>>>>>

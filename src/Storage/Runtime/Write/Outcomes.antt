-- ===== src/Storage/Runtime/Write/Outcomes.antt =====
-- What write_runtime_snapshot of storage/repositories.py leaves alone.
use pg_monitor.Prelude.{ℕ, refl, Bool, true, false, List, [], ◌∷◌, length, ◌+◌, if◌then◌else◌}
use pg_monitor.Exn.{storage_write_error}
use pg_monitor.Collector.Models.{DatabaseMetric, RuntimeSnapshotResult}
use pg_monitor.Storage.Session.{Db, pure, select, statement, catching, ◌>>=◌, ◌>>◌}
use pg_monitor.Storage.Session.Keeps.{
  Keeps, same-Kept, >>=-Keeps, >>-Keeps, statement-Keeps, select-Keeps, update-Keeps,
}
use pg_monitor.Storage.Runtime.Upserts.{upsert_runtime_current, current_captured_at}
use pg_monitor.Storage.Runtime.Write.{
  require_fit, flush_runtime, flush_history, upsert_values, delete_databases, replace_databases,
  is_stale, upsert_runtime_database_current, write_runtime_snapshot,
}

module _ {F : Type 0} where
  require_fit-Keeps : (b : Bool) → Keeps (require_fit {F = F} b)
  unfolding require_fit
  require_fit-Keeps true s = same-Kept s
  require_fit-Keeps false s = same-Kept s

  flush_runtime-Keeps : (snapshot : RuntimeSnapshotResult F) → Keeps (flush_runtime snapshot)
  unfolding flush_runtime
  flush_runtime-Keeps snapshot =
      >>-Keeps _ _ (>>-Keeps statement _ statement-Keeps (require_fit-Keeps _))
        (λ s. record { not_committed = refl; still_entered = refl })

  flush_history-Keeps :
      (id : ℕ) (rows : List DatabaseMetric) → Keeps (flush_history {F = F} id rows)
  unfolding flush_history
  flush_history-Keeps id [] = λ s. same-Kept s
  flush_history-Keeps id (row ∷ rows) =
      >>-Keeps _ _ (>>-Keeps statement _ statement-Keeps (require_fit-Keeps _))
        (λ s. record { not_committed = refl; still_entered = refl })

  upsert_values-Keeps : (snapshot : RuntimeSnapshotResult F) → Keeps (upsert_values snapshot)
  unfolding upsert_values
  upsert_values-Keeps snapshot =
      >>-Keeps _ _ (>>-Keeps statement _ statement-Keeps (require_fit-Keeps _))
        (λ s. record { not_committed = refl; still_entered = refl })

  replace_databases-Keeps :
      (snapshot : RuntimeSnapshotResult F) (rows : List DatabaseMetric)
      → Keeps (replace_databases snapshot rows)
  unfolding replace_databases delete_databases
  replace_databases-Keeps snapshot [] = update-Keeps _
  replace_databases-Keeps snapshot (row ∷ rows) =
      >>-Keeps _ _ (update-Keeps _) (upsert_values-Keeps snapshot)

  if-Keeps : (b : Bool) (m n : Db F (Unit {0})) → Keeps m → Keeps n → Keeps (if b then m else n)
  if-Keeps true m n k h = k
  if-Keeps false m n k h = h

  upsert_runtime_database_current-Keeps :
      (snapshot : RuntimeSnapshotResult F) → Keeps (upsert_runtime_database_current snapshot)
  unfolding upsert_runtime_database_current
  upsert_runtime_database_current-Keeps snapshot =
      >>=-Keeps (select λ t. current_captured_at snapshot.db_identifier t.runtime_current)
        (λ latest.
          if is_stale latest snapshot.captured_at
          then pure tt
          else replace_databases snapshot snapshot.database)
        (select-Keeps _)
        (λ latest.
          if-Keeps (is_stale latest snapshot.captured_at) (pure tt)
            (replace_databases snapshot snapshot.database) (λ s. same-Kept s)
            (replace_databases-Keeps snapshot snapshot.database))

  upsert_runtime_current-Keeps :
      (snapshot : RuntimeSnapshotResult F) → Keeps (upsert_runtime_current snapshot)
  unfolding upsert_runtime_current
  upsert_runtime_current-Keeps snapshot = update-Keeps _

  -- What follows once the row of the snapshot has its id.
  abbrev after_flush : RuntimeSnapshotResult F → ℕ → Db F (Unit {0})
  after_flush snapshot id =
      upsert_runtime_current snapshot
      >> (upsert_runtime_database_current snapshot >> flush_history id snapshot.database)

  after_flush-Keeps :
      (snapshot : RuntimeSnapshotResult F) (id : ℕ) → Keeps (after_flush snapshot id)
  after_flush-Keeps snapshot id =
      >>-Keeps (upsert_runtime_current snapshot)
        (upsert_runtime_database_current snapshot >> flush_history id snapshot.database)
        (upsert_runtime_current-Keeps snapshot)
        (>>-Keeps (upsert_runtime_database_current snapshot) (flush_history id snapshot.database)
          (upsert_runtime_database_current-Keeps snapshot)
          (flush_history-Keeps id snapshot.database))

  pub write_runtime_snapshot-Keeps :
      (snapshot : RuntimeSnapshotResult F) → Keeps (write_runtime_snapshot snapshot)
  unfolding write_runtime_snapshot
  write_runtime_snapshot-Keeps snapshot =
      >>-Keeps (catching storage_write_error (flush_runtime snapshot >>= after_flush snapshot))
        (pure (1 + length snapshot.database))
        (>>=-Keeps (flush_runtime snapshot) (after_flush snapshot) (flush_runtime-Keeps snapshot)
          (after_flush-Keeps snapshot))
        (λ s. same-Kept s)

<<<<<

▶ What is being asked: Count up the lines above in which the word "Session" appears, and give nothing but that count.

▶ Output below: 2